TASK REQUIREMENTS:
Reproduce this listing from its first line through the line with "pub mod Traces", inclusive, leaving out all that follows.

*** RECORDS PROVIDED Section Begins ***

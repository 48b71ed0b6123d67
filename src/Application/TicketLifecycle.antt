-- ===== src/Application/TicketLifecycle.antt =====
-- src/application/project_management/ticket_lifecycle_service.ts: a Ticket moves with its assignment,
-- its owner's capacity, its trace and the event that announces it.
pub mod Capacity
pub mod Owners
pub mod Prepared
pub mod Reserved
pub mod Single
pub mod Starts
pub mod Traces
use Prim.Native.String.{◌++◌ as join}
use toaa.Base.{
  ℕ, ◌+◌, Bool, true, false, not, ◌&&◌, List, [], ◌∷◌, ◌++◌, map, Option, none, some, String,
  String-discrete, Result, ok, err, ◌>>=◌, ◌>>◌, require, require_some, is_some, or_else, or_option,
  last?, any, keep, ◌==◌, same, if◌then◌else◌,
}
use toaa.Domain.StateMachine.{InvalidTransition, includes}
use toaa.Domain.Objects.{ObjectId, ObjectType, Timestamp, Digest, revise_object_envelope}
use toaa.Domain.Roles.{DomainRole, PendingReason}
use toaa.Domain.Observability.{EventPayload, transition_payload, DomainEvent, create_domain_event}
use toaa.Domain.Tickets.Types.{
  TicketState, created, in_progress, pending, resolved, reopened, cancelled, closed,
}
use toaa.Domain.Tickets.Ticket.{Ticket, ticket_type}
use toaa.Domain.Tickets.Transitions.{TransitionError, TicketState-discrete, transition_ticket_path}
use toaa.Domain.ProjectManagement.Assignment.{
  AssignmentState, TicketAssignment, transition_assignment,
}
use toaa.Domain.ProjectManagement.Actor.{ActorRegistration, revise_actor}
use toaa.Domain.ProjectManagement.Trace.{
  TicketTraceEventType, TraceHashInput, TicketTraceEvent, TraceError,
}
use toaa.Application.TicketTrace.{TicketTraceAppendInput, Draw, BuiltTicketTrace, build, list_trace}
use toaa.Application.Repository.{
  PersistedObject, ticket_object, assignment_object, actor_object, trace_object, event_object,
  RepositoryPort,
}
use toaa.Application.TicketMoves.{
  TicketTransitionInput, is_accepted, has_accepted, end_of_assignment, assignment_state_for_ticket,
  start_event, trace_event_for_transition, state_text, transition_reason, transition_code,
  assignment_id_of, assignee_of, state_of, or_text, Move, transition_trace, transition_traces,
  with_draws, trace_inputs, move_of, updated_ticket, transition_event, initiator_id,
}
use toaa.Application.ActorCapacity.{
  holds_capacity, includes_id, reconcile, reconcile_actor_capacity,
}

-- `PreparedTicketTransition`
pub record PreparedTicketTransition : Type 0 where
  pub ticket : Ticket
  pub objects : List PersistedObject

-- What the service throws, or passes on.
pub data LifecycleError (E : Type 0) : Type 0 where
  repository : E → LifecycleError E
  path_empty : LifecycleError E
  not_a_ticket not_an_assignment not_an_actor : ObjectId → LifecycleError E
  not_registered owner_required : ObjectId → LifecycleError E
  transition : TransitionError → LifecycleError E
  assignment_transition : InvalidTransition AssignmentState → LifecycleError E
  trace : TraceError → LifecycleError E

-- Where a call of the service fails, its error is passed on.
abbrev pub lift {ℓ} :
    {E F : Type 0} {A : Type ℓ} → (F → LifecycleError E) → Result F A → Result (LifecycleError E) A
lift f (ok a) = ok a
lift f (err e) = err (f e)

abbrev pub as_ticket : {E : Type 0} → ObjectId → PersistedObject → Result (LifecycleError E) Ticket
as_ticket id (ticket_object t) = ok t
as_ticket id _ = err (not_a_ticket id)

abbrev pub as_assignment :
    {E : Type 0} → ObjectId → PersistedObject → Result (LifecycleError E) TicketAssignment
as_assignment id (assignment_object a) = ok a
as_assignment id _ = err (not_an_assignment id)

abbrev pub as_actor :
    {E : Type 0} → ObjectId → PersistedObject → Result (LifecycleError E) ActorRegistration
as_actor id (actor_object a) = ok a
as_actor id _ = err (not_an_actor id)

-- `if (assignment && assignmentNext) objects.push(transitionAssignment(…))`
unfoldable pub ended_assignment :
    {E : Type 0}
    → Option TicketAssignment
    → Option AssignmentState
    → Timestamp
    → Result (LifecycleError E) (List PersistedObject)
ended_assignment none next now = ok []
ended_assignment (some a) none now = ok []
ended_assignment (some a) (some next) now = do
  ended ← lift assignment_transition (transition_assignment a next now)
  ok (assignment_object ended ∷ [])

abbrev pub actor_objects : Option ActorRegistration → List PersistedObject
actor_objects none = []
actor_objects (some a) = actor_object a ∷ []

module _ {E : Type 0} (repo : RepositoryPort E) where
  -- `this.repository.read`
  abbrev pub read : ObjectId → Result (LifecycleError E) PersistedObject
  read id = lift repository (repo.read id)

  -- `requireTicket`
  unfoldable pub require_ticket : ObjectId → Result (LifecycleError E) Ticket
  require_ticket id = do object ← read id; as_ticket id object

  -- `requireAssignment`, where there is one.
  unfoldable pub require_assignment :
      Option ObjectId → Result (LifecycleError E) (Option TicketAssignment)
  require_assignment none = ok none
  require_assignment (some id) = do object ← read id; a ← as_assignment id object; ok (some a)

  -- `this.roles.require`
  unfoldable pub require_actor : ObjectId → Result (LifecycleError E) ActorRegistration
  require_actor id = do object ← read id; as_actor id object

  -- `if (assignment?.capacityConsumed) { … }`
  unfoldable pub reconciled_owner :
      Option TicketAssignment
      → TicketState
      → Timestamp
      → Result (LifecycleError E) (List PersistedObject)
  unfolding require_actor reconcile_actor_capacity
  reconciled_owner none final now = ok []
  reconciled_owner (some a) final now = elim a.capacity_consumed [
    | true ↦ do
      owner ← require_actor a.assignee_actor_id
      ok (actor_objects (reconcile_actor_capacity owner a.id final now))
    | false ↦ ok []
  ]

  abbrev pub released :
      PersistedObject → TicketAssignment → Ticket → Timestamp → Option ActorRegistration
  released (actor_object owner) a t now = reconcile_actor_capacity owner a.id t.state now
  released _ a t now = none

  abbrev pub release_assignment :
      PersistedObject → Ticket → Timestamp → Result (LifecycleError E) (Option ActorRegistration)
  release_assignment (assignment_object a) t now = elim a.capacity_consumed [
    | true ↦ do owner ← read a.assignee_actor_id; ok (released owner a t now)
    | false ↦ ok none
  ]
  release_assignment _ t now = ok none

  -- `releaseCapacityFor`
  unfoldable pub release_capacity_for :
      Ticket → Timestamp → Result (LifecycleError E) (Option ActorRegistration)
  unfolding reconcile_actor_capacity
  release_capacity_for t now = elim t.active_assignment_id [
    | none ↦ ok none
    | some id ↦ do object ← read id; release_assignment object t now
  ]

  module _ (hash : TraceHashInput → Digest) (draw : ℕ → Draw) (event_id : ObjectId)
      (now : Timestamp) where
    -- The end of `prepareTransitionPath`: the objects and the Ticket, of the Ticket that moved, its
    -- trace so far, and what becomes of its assignment and of its owner.
    unfoldable pub outcome :
        Move
        → List TicketState
        → TicketState
        → Ticket
        → List TicketTraceEvent
        → List PersistedObject
        → List PersistedObject
        → PreparedTicketTransition
    unfolding transition_traces updated_ticket transition_event
    outcome m path final transitioned existing ended owner =
        let built = build hash m.ticket existing (trace_inputs draw m path) now in
        let updated = updated_ticket transitioned built.ticket m.assignment_next in
        record {
          ticket = updated;
          objects =
              map trace_object built.events
              ++ (ended
                  ++ (owner
                      ++ ticket_object updated
                        ∷ event_object (transition_event event_id m final path updated)
                        ∷ []));
        }

    -- The objects and the Ticket, once all is read.
    unfoldable pub assemble :
        Move → List TicketState → TicketState → Result (LifecycleError E) PreparedTicketTransition
    unfolding outcome ended_assignment reconciled_owner
    assemble m path final = do
      transitioned ←
          lift transition (transition_ticket_path m.ticket path m.input.pending_reason now)
      existing ← lift trace (list_trace hash m.ticket.id repo.trace_events)
      ended ← ended_assignment m.assignment m.assignment_next now
      owner ← reconciled_owner m.assignment final now
      ok (outcome m path final transitioned existing ended owner)

    -- `prepareTransitionPath`, for a path that is not empty: its last state is given with it.
    unfoldable pub prepare_path :
        ObjectId
        → List TicketState
        → TicketState
        → TicketTransitionInput
        → Result (LifecycleError E) PreparedTicketTransition
    unfolding require_ticket require_assignment require_actor move_of assemble TicketState-discrete
    prepare_path id path final input = do
      t ← require_ticket id
      require (is_some t.registered_at) (not_registered t.id)
      assignment ← require_assignment t.active_assignment_id
      require
          (not (includes TicketState-discrete path in_progress && not (has_accepted assignment)))
          (owner_required t.id)
      initiator ← require_actor (initiator_id t assignment input)
      assemble (move_of now t assignment initiator final input) path final

    -- `prepareTransitionPath`
    unfoldable pub prepare_transition_path :
        ObjectId
        → List TicketState
        → TicketTransitionInput
        → Result (LifecycleError E) PreparedTicketTransition
    unfolding prepare_path
    prepare_transition_path id path input = do
      final ← require_some (last? path) path_empty
      prepare_path id path final input

    -- `prepareTransition`
    unfoldable pub prepare_transition :
        ObjectId
        → TicketState
        → TicketTransitionInput
        → Result (LifecycleError E) PreparedTicketTransition
    unfolding prepare_transition_path
    prepare_transition id next input = prepare_transition_path id (next ∷ []) input
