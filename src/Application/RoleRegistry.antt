-- ===== src/Application/RoleRegistry.antt =====
-- src/application/project_management/role_registry.ts: who may be given a Ticket. Of an actor that may
-- not, the first rule that it fails is told, here without the text around it.
pub mod Eligibility
pub mod Routable
use toaa.Base.{
  ℕ, Bool, true, false, not, ◌&&◌, ◌||◌, List, [], ◌∷◌, Option, none, some, String, Result, ok, err,
  ◌>>=◌, ◌>>◌, require, any, keep, same, ◌==◌, leb, length, if◌then◌else◌,
}
use toaa.Domain.Objects.{ObjectId}
use toaa.Domain.Roles.{DomainRole}
use toaa.Domain.Steps.{Step, StepType}
use toaa.Domain.Tickets.Types.{TicketType, change_request}
use toaa.Domain.Tickets.Ticket.{Ticket, ticket_type}
use toaa.Domain.ProjectManagement.Actor.{ActorState, ActorRegistration}
use toaa.Domain.Workflow.RoleProfile.{includes_text, capabilities_for_step}
use toaa.Domain.Workflow.RoleDefinition.{RoleDefinition, DomainRole-discrete}
use toaa.Domain.Workflow.DomainGraph.{StepType-discrete}
use toaa.Application.Repository.{PersistedObject, definition_object, actor_object, RepositoryPort}
use toaa.Application.TicketLifecycle.{LifecycleError, repository, lift, require_actor}

-- `RoutingActor`
pub record RoutingActor : Type 0 where
  pub actor : ActorRegistration
  pub definition : RoleDefinition

-- `RoutingRequirement`
pub record RoutingRequirement : Type 0 where
  pub role : DomainRole
  pub capabilities : List String

-- The options of `ineligibility`.
pub record RoutingOptions : Type 0 where
  pub ignore_assignment_id : Option ObjectId
  pub ignore_capacity : Bool

-- What a Ticket of a type demands at a Step.
unfoldable pub requirement_for : TicketType → Ticket → Step → RoutingRequirement
unfolding capabilities_for_step
requirement_for change_request t step = record {
  role = step.role;
  capabilities = capabilities_for_step step.type (some change_request);
}
requirement_for _ t step = record { role = t.role; capabilities = t.required_capabilities }

-- `routingRequirement`
unfoldable pub routing_requirement : Ticket → Option Step → RoutingRequirement
unfolding requirement_for
routing_requirement t none = record { role = t.role; capabilities = t.required_capabilities }
routing_requirement t (some step) = requirement_for (ticket_type t) t step

-- The rules that an actor can fail.
pub data Ineligibility : Type 0 where
  in_state : ActorState → Ineligibility
  of_role : DomainRole → Ineligibility
  ticket_type_unsupported : TicketType → Ineligibility
  step_type_unsupported : StepType → Ineligibility
  at_capacity : (load capacity : ℕ) → Ineligibility
  missing_capabilities : List String → Ineligibility

unfoldable pub TicketType-discrete : Discrete TicketType
TicketType-discrete = hlevel

abbrev pub is_active : ActorState → Bool
is_active ActorState.active = true
is_active _ = false

abbrev pub no_step_types : List StepType → Bool
no_step_types [] = true
no_step_types (type ∷ types) = false

-- `step && supportedStepTypes.length > 0 && !supportedStepTypes.includes(step.type)`
unfoldable pub refuses_step : List StepType → Option Step → Bool
unfolding StepType-discrete
refuses_step supported none = false
refuses_step supported (some step) =
    not (no_step_types supported)
    && not (any (λ type. same StepType-discrete type step.type) supported)

-- `id !== options.ignoreAssignmentId`
abbrev pub counts : Option ObjectId → ObjectId → Bool
counts none id = true
counts (some ignored) id = not (id == ignored)

-- `load`
abbrev pub load_of : ActorRegistration → Option ObjectId → ℕ
load_of actor ignored = length (keep (counts ignored) actor.active_assignment_ids)

-- `missing`
unfoldable pub missing_of : List String → List String → List String
unfolding includes_text
missing_of required declared = keep (λ capability. not (includes_text declared capability)) required

abbrev pub if_missing : List String → Option Ineligibility
if_missing [] = none
if_missing (c ∷ cs) = some (missing_capabilities (c ∷ cs))

abbrev pub step_type_of : Option Step → Ineligibility → Ineligibility
step_type_of none other = other
step_type_of (some step) other = step_type_unsupported step.type

-- `ineligibility`
unfoldable pub ineligibility :
    RoutingActor → Ticket → Option Step → RoutingOptions → Option Ineligibility
unfolding routing_requirement DomainRole-discrete TicketType-discrete refuses_step missing_of
ineligibility c t step options =
    let required = routing_requirement t step in
    if not (is_active c.actor.state)
    then some (in_state c.actor.state)
    else if not (same DomainRole-discrete c.actor.role required.role)
    then some (of_role c.actor.role)
    else if not (
        any (λ type. same TicketType-discrete type (ticket_type t))
          c.definition.supported_ticket_types)
    then some (ticket_type_unsupported (ticket_type t))
    else if refuses_step c.definition.supported_step_types step
    then some (step_type_of step (ticket_type_unsupported (ticket_type t)))
    else if not options.ignore_capacity
        && leb c.actor.capacity (load_of c.actor options.ignore_assignment_id)
    then some (at_capacity (load_of c.actor options.ignore_assignment_id) c.actor.capacity)
    else if_missing (missing_of required.capabilities c.definition.capabilities)

-- What the registry throws.
pub data RoleError (E : Type 0) : Type 0 where
  lifecycle : LifecycleError E → RoleError E
  not_a_definition : ObjectId → RoleError E
  role_mismatch : (claimed defined : DomainRole) → RoleError E

module _ {E : Type 0} (repo : RepositoryPort E) where
  abbrev pub pass {ℓ} : {A : Type ℓ} → Result (LifecycleError E) A → Result (RoleError E) A
  pass (ok a) = ok a
  pass (err e) = err (lifecycle e)

  abbrev pub as_definition : ObjectId → PersistedObject → Result (RoleError E) RoleDefinition
  as_definition id (definition_object d) = ok d
  as_definition id _ = err (not_a_definition id)

  -- `definitionFor`
  unfoldable pub definition_for : ActorRegistration → Result (RoleError E) RoleDefinition
  unfolding DomainRole-discrete
  definition_for actor = do
    object ← pass (lift repository (repo.read actor.role_definition_id))
    d ← as_definition actor.role_definition_id object
    require (same DomainRole-discrete d.role actor.role) (role_mismatch actor.role d.role)
    ok d

  -- `resolve`
  unfoldable pub resolve : ObjectId → Result (RoleError E) RoutingActor
  unfolding require_actor definition_for
  resolve actor_id = do
    actor ← pass (require_actor repo actor_id)
    definition ← definition_for actor
    ok (record { actor = actor; definition = definition })
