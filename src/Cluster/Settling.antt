-- ===== src/Cluster/Settling.antt =====
-- How long a scan is retried: the reconciles of `ImageScanReconciler` in a row, on an API server that is
-- up, with an Aqua that may fail, or not know the image for a while.
use aqua_scan_gate.Common.{
  ℕ, zero, suc, ◌+◌, ◌≤◌, ◌<◌, Text, none, some, ok, Result-cases, ◌≡◌, ◌≢◌, refl, sym, ap, ◌∙◌,
  subst, ◌⊎◌, inl, inr, arith,
}
use aqua_scan_gate.Api.{ImageScan, ImageScanStatus, ScanPhase}
use aqua_scan_gate.Kube.{NamespacedName, Server}
use aqua_scan_gate.Aqua.{ScanStatus, ScanResult, Client}
use aqua_scan_gate.Session.{Session, get_scan, update_status, get_scan_result, trigger_scan}
use aqua_scan_gate.ImageScans.{
  failed_status, triggered_status, registered_status, after_read_error, after_trigger_error,
  after_trigger, after_found, start_scan, by_status, check_aqua, by_phase, reconcile, done, Outcome,
}
use aqua_scan_gate.ImageScans.Outcomes.{IsFinal, reconcile_final}
use aqua_scan_gate.Cluster.{View, IsSame, IsApiServer, found_or, scan_id}
use aqua_scan_gate.Cluster.Evolution.{HasScan}

-- An Aqua with a number for each world that bounds how often it will still answer that it does not know
-- an image. Nothing raises the number, and each such answer lowers it.
pub record IsSettling {W : Type 0} (view : View W) (server : Server W) (aqua : Client W)
    (left : W → ℕ) : Type 0 where
  pub get_scan_result_lem :
      (image digest : Text) (w : W)
      → IsSame view w (aqua.get_scan_result image digest w).1
        × (left (aqua.get_scan_result image digest w).1 ≤ left w)
  pub unknown_lowers :
      (image digest : Text) (w : W) (result : ScanResult)
      → (aqua.get_scan_result image digest w).0 ≡ ok result
      → result.status ≢ ScanStatus.found
      → left (aqua.get_scan_result image digest w).1 < left w
  pub trigger_scan_lem :
      (image digest : Text) (w : W)
      → IsSame view w (aqua.trigger_scan image digest w).1
        × (left (aqua.trigger_scan image digest w).1 ≤ left w)
  pub get_scan_le : (k : NamespacedName) (w : W) → left (server.get_scan k w).1 ≤ left w
  pub update_status_le : (scan : ImageScan) (w : W) → left (server.update_status scan w).1 ≤ left w

module _ {W : Type 0} (view : View W) (server : Server W) (up : IsApiServer view server)
    (aqua : Client W) (clock left : W → ℕ) (settling : IsSettling view server aqua left) where
  abbrev pub IsFinalAt : NamespacedName → W → Type 0
  IsFinalAt k w = (scan : ImageScan) × (view.scan_at k w ≡ some scan) × IsFinal scan.status.phase

  -- The scan is in a final phase, or there and its number below the bound.
  abbrev IsNearer : NamespacedName → ℕ → W → Type 0
  IsNearer k bound w = IsFinalAt k w ⊎ (HasScan view k w × (left w < bound))

  module _ (scan : ImageScan) where
    write_status-IsFinalAt :
        (status : ImageScanStatus) (s : Session W)
        → view.scan_at (scan_id scan) s.world ≡ some scan
        → IsFinal status.phase
        → IsFinalAt
            (scan_id scan)
            (update_status server (record scan { status = status }) s).1.world
    unfolding update_status
    write_status-IsFinalAt status s held final =
        let scan' : ImageScan = record scan { status = status } in
        (scan', (up.update_status_lem scan' scan s.world held).0, final)

    after_trigger-IsNearer :
        (id : Text) (bound : ℕ) (s : Session W)
        → view.scan_at (scan_id scan) s.world ≡ some scan
        → left s.world < bound
        → IsNearer (scan_id scan) bound (after_trigger server aqua clock scan id s).1.world
    unfolding after_trigger update_status
    after_trigger-IsNearer id bound s held less =
        let scan' : ImageScan = record scan { status = triggered_status scan.status id } in
        let le = settling.update_status_le scan' s.world in
        inr ((scan', (up.update_status_lem scan' scan s.world held).0), omega arith)

    start_scan-IsNearer :
        (bound : ℕ) (s : Session W)
        → view.scan_at (scan_id scan) s.world ≡ some scan
        → left s.world < bound
        → IsNearer (scan_id scan) bound (start_scan server aqua clock scan s).1.world
    unfolding start_scan trigger_scan after_trigger_error failed_status
    start_scan-IsNearer bound s held less =
        let t = trigger_scan aqua scan.spec.image scan.spec.digest s in
        let (same, le) = settling.trigger_scan_lem scan.spec.image scan.spec.digest s.world in
        let still : view.scan_at (scan_id scan) t.1.world ≡ some scan =
          same.1 (scan_id scan) ∙ held in
        elim (Result-cases t.0) [
          | inl (id, e) ↦
              rw (e, start_scan) (after_trigger-IsNearer id bound t.1 still (omega arith))
          | inr (message, e) ↦
              rw (e, start_scan)
                (inl
                  (write_status-IsFinalAt (failed_status scan.status message) t.1 still (inr refl)))
        ]

    by_status-IsNearer :
        (status : ScanStatus) (bound : ℕ) (s : Session W)
        → view.scan_at (scan_id scan) s.world ≡ some scan
        → (status ≢ ScanStatus.found → left s.world < bound)
        → IsNearer (scan_id scan) bound (by_status server aqua clock scan status s).1.world
    unfolding by_status after_found registered_status
    by_status-IsNearer ScanStatus.not_found bound s held less =
        start_scan-IsNearer bound s held (less (λ e. cc))
    by_status-IsNearer ScanStatus.found bound s held less =
        inl
          (write_status-IsFinalAt (registered_status scan.status (clock s.world)) s held (inl refl))
    by_status-IsNearer (ScanStatus.other text) bound s held less =
        inr ((scan, held), less (λ e. cc))

    check_aqua-IsNearer :
        (bound : ℕ) (s : Session W)
        → view.scan_at (scan_id scan) s.world ≡ some scan
        → left s.world ≤ bound
        → IsNearer (scan_id scan) bound (check_aqua server aqua clock scan s).1.world
    unfolding check_aqua get_scan_result after_read_error failed_status
    check_aqua-IsNearer bound s held le =
        let r = get_scan_result aqua scan.spec.image scan.spec.digest s in
        let (same, _) = settling.get_scan_result_lem scan.spec.image scan.spec.digest s.world in
        let still : view.scan_at (scan_id scan) r.1.world ≡ some scan =
          same.1 (scan_id scan) ∙ held in
        elim (Result-cases r.0) [
          | inl (result, e) ↦
              rw (e, check_aqua)
                (by_status-IsNearer result.status bound r.1 still (λ unknown.
                  let less =
                    settling.unknown_lowers scan.spec.image scan.spec.digest s.world result e
                      unknown in
                  omega arith))
          | inr (message, e) ↦
              rw (e, check_aqua)
                (inl
                  (write_status-IsFinalAt (failed_status scan.status message) r.1 still (inr refl)))
        ]

    by_phase-IsNearer :
        (phase : ScanPhase) (bound : ℕ) (s : Session W)
        → scan.status.phase ≡ phase
        → view.scan_at (scan_id scan) s.world ≡ some scan
        → left s.world ≤ bound
        → IsNearer (scan_id scan) bound (by_phase server aqua clock phase scan s).1.world
    unfolding by_phase
    by_phase-IsNearer ScanPhase.error bound s e held le = inl (scan, held, inr e)
    by_phase-IsNearer ScanPhase.registered bound s e held le = inl (scan, held, inl e)
    by_phase-IsNearer ScanPhase.pending bound s e held le = check_aqua-IsNearer bound s held le
    by_phase-IsNearer ScanPhase.unset bound s e held le = check_aqua-IsNearer bound s held le

    reconcile_once :
        (s : Session W)
        → view.scan_at (scan_id scan) s.world ≡ some scan
        → IsNearer
            (scan_id scan)
            (left s.world)
            (reconcile server aqua clock (scan_id scan) s).1.world
    unfolding reconcile get_scan
    reconcile_once s held =
        let (answer, same) = up.get_scan_lem (scan_id scan) s.world in
        rw (answer, held, reconcile)
          (by_phase-IsNearer scan.status.phase (left s.world) (get_scan server (scan_id scan) s).1
            refl (same.1 (scan_id scan) ∙ held) (settling.get_scan_le (scan_id scan) s.world))

  reconcile-IsNearer :
      (k : NamespacedName) (s : Session W)
      → HasScan view k s.world
      → IsNearer k (left s.world) (reconcile server aqua clock k s).1.world
  reconcile-IsNearer k s (scan, held) =
      let named = up.scan_named k s.world scan held in
      subst (λ key. IsNearer key (left s.world) (reconcile server aqua clock key s).1.world) named
        (reconcile_once scan s
          (subst (λ key. view.scan_at key s.world ≡ some scan) (sym named) held))

  -- the session after some reconciles of the scan in a row
  abbrev pub after_rounds : ℕ → NamespacedName → Session W → Session W
  after_rounds zero k s = s
  after_rounds (suc n) k s = after_rounds n k (reconcile server aqua clock k s).1

  -- The scan is final after that many rounds, and the next reconcile asks for no other.
  abbrev pub IsSettled : ℕ → NamespacedName → Session W → Type 0
  IsSettled n k s =
      IsFinalAt k (after_rounds n k s).world
      × ((reconcile server aqua clock k (after_rounds n k s)).0 ≡ (done, none))

  final-IsSettled : (k : NamespacedName) (s : Session W) → IsFinalAt k s.world → IsSettled 0 k s
  final-IsSettled k s (scan, held, final) = (
    (scan, held, final),
    ap (λ (t : Outcome × Session W). t.0)
        (reconcile_final server aqua clock k s scan
          ((up.get_scan_lem k s.world).0 ∙ ap found_or held) final),
  )

  IsNearer-le :
      (k : NamespacedName) (bound : ℕ) {m : ℕ} {w : W}
      → m ≤ bound
      → IsNearer k m w
      → IsNearer k bound w
  IsNearer-le k bound le (inl final) = inl final
  IsNearer-le k bound le (inr (there, less)) = inr (there, omega arith)

  settles_within :
      (bound : ℕ) (k : NamespacedName) (s : Session W)
      → IsNearer k bound s.world
      → (n : ℕ) × (n ≤ bound) × IsSettled n k s
  settles_within bound k s (inl final) = (0, omega arith, final-IsSettled k s final)
  settles_within zero k s (inr (there, less)) = absurd (omega arith)
  settles_within (suc bound) k s (inr (there, less)) =
      let t = (reconcile server aqua clock k s).1 in
      let (n, le, settled) =
        settles_within bound k t
          (IsNearer-le k bound (omega arith) (reconcile-IsNearer k s there)) in
      (suc n, omega arith, settled)

  -- On a server that is up, and with an Aqua that may fail or answer for a bounded number of times that it
  -- does not know an image, the retries of a scan come to an end: a scan that is there is in a final
  -- phase after at most one reconcile more than that number, and the reconcile after that returns no
  -- error and asks for no other.
  pub reconcile-IsSettled :
      (k : NamespacedName) (s : Session W)
      → HasScan view k s.world
      → (n : ℕ) × (n ≤ left s.world + 1) × IsSettled n k s
  reconcile-IsSettled k s there = settles_within (left s.world + 1) k s (inr (there, omega arith))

*** RECORDS PROVIDED Section Ends ***

RESPONSE BOX:
repository 48b71ed0b6123d67
filename src/Application/TicketLifecycle.antt
-- ===== src/Application/TicketLifecycle.antt =====
-- src/application/project_management/ticket_lifecycle_service.ts: a Ticket moves with its assignment,
-- its owner's capacity, its trace and the event that announces it.
pub mod Capacity
pub mod Owners
pub mod Prepared
pub mod Reserved
pub mod Single
pub mod Starts
pub mod Traces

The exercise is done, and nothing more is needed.